One bolt on the face takes you through the trees with funky moves onto the face above and to the top of the crag. A 60m rope is just long enough!

18 Endless Blowjob

The well marked climb left of 'Little Bonsai'.

16 Little Bonsai

Just left to the recess where 'Chimneying Tammy' is. A wonderful route for its grade.

15 Chimneying Tammy

Typical chimney climb to the left of 'Goats Milk Gives Me Gastro'. Technical and fun climbing to a ledge above which you can top out on or ab in from chains.

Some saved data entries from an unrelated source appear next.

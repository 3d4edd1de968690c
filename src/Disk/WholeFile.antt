-- ===== src/Disk/WholeFile.antt =====
-- What an atomic write of src/runw.cpp leaves at its own path.
use runw.Common.{
  inl, inr, ◌≡◌, refl, Bool, true, false, Option, none, some, List, Text, text_eq, text_eq_self,
  length, All, Bool-cases, arith,
}
use runw.Disk.{Disk, Os, file, put, is_file}
use runw.Disk.TempFile.{get_temp_filename}
use runw.Disk.AtomicFile.{atomic_create, atomic_update, replace_file, rename_file, replaced}
use runw.Disk.Atomicity.{Spares, get_temp_filename-Spares, suffixes-Apart}

abbrev pub WholeAt : Os → Text → Text → Disk → Option (Bool × Disk) → Type 0
WholeAt os path text d none = Unit
WholeAt os path text d (some (true, d')) =
    (b : Disk) × (temp : Text) × (d'.node path ≡ some (file (os.stored b temp text)))
WholeAt os path text d (some (false, d')) = d'.node path ≡ d.node path

replace_file-WholeAt :
    (os : Os) (temp path : Text) (d b : Disk) (text : Text)
    → (b.node path ≡ d.node path) × (text_eq temp path ≡ false)
    → WholeAt os path text d (some (replace_file os temp path b text))
unfolding replace_file put
replace_file-WholeAt os temp path d b text hp = elim (Bool-cases (os.opens b temp)) [
  | inl opened ↦
      elim (Bool-cases (os.renames (put b temp (some (file (os.stored b temp text)))) temp path)) [
        | inl renamed ↦
            rw (opened, replace_file)
              (rw (renamed, rename_file)
                (b, temp, ground (arith, text_eq_self path, text_eq_self temp)))
        | inr failed ↦ rw (opened, replace_file) (rw (failed, rename_file) (ground arith))
      ]
  | inr refused ↦ rw (refused, replace_file) hp.0
]

replaced-WholeAt :
    (os : Os) (path text : Text) (d : Disk) (r : Option (Text × Disk))
    → Spares d path r
    → WholeAt os path text d (replaced os path text r)
replaced-WholeAt os path text d none hp = tt
replaced-WholeAt os path text d (some (temp, b)) hp = replace_file-WholeAt os temp path d b text hp

pub atomic_update-WholeAt :
    (os : Os) (suffixes : List Text) (path text : Text) (d : Disk)
    → All (λ s. length s ≡ 6) suffixes
    → WholeAt os path text d (atomic_update os suffixes path text d)
unfolding atomic_update
atomic_update-WholeAt os suffixes path text d six = elim (Bool-cases (is_file (d.node path))) [
  | inl h ↦
      rw (h, atomic_update)
        (replaced-WholeAt os path text d (get_temp_filename os suffixes d path)
          (get_temp_filename-Spares os suffixes d path path (suffixes-Apart path suffixes six)))
  | inr h ↦ rw (h, atomic_update) refl
]

pub atomic_create-WholeAt :
    (os : Os) (suffixes : List Text) (path text : Text) (d : Disk)
    → All (λ s. length s ≡ 6) suffixes
    → WholeAt os path text d (atomic_create os suffixes path text d)
unfolding atomic_create
atomic_create-WholeAt os suffixes path text d six = elim (Bool-cases (is_file (d.node path))) [
  | inl h ↦ rw (h, atomic_create) refl
  | inr h ↦
      rw (h, atomic_create)
        (replaced-WholeAt os path text d (get_temp_filename os suffixes d path)
          (get_temp_filename-Spares os suffixes d path path (suffixes-Apart path suffixes six)))
]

22 Goats Milk Gives Me Gastro

Scramble up to the left of 'Diseased Mad Cow' to find the line on the inside arête, just outside the cave. Cruxy start then onto face above, try keep right towards chains.

22 Diseased Mad Cow

Start in a corner 12m right of 'Grunt'. Climb the crack, then onto ledge to traverse out right and through the roof onto the arête and up.

24 Grunt

The obvious roof crack with easier headwall.

24 I Feel Rocks

Starts on a pile of rocks 3m left of 'Biogalactic Gobbleblaster'. Power through the roof and traverse diagonally up to slabs above.

20 Up Your Tree

Shares a start with 'I Feel Rocks'. Use the tree to get onto the overlap. Join up with the final moves on 'Biogalactic Gargleblaster'.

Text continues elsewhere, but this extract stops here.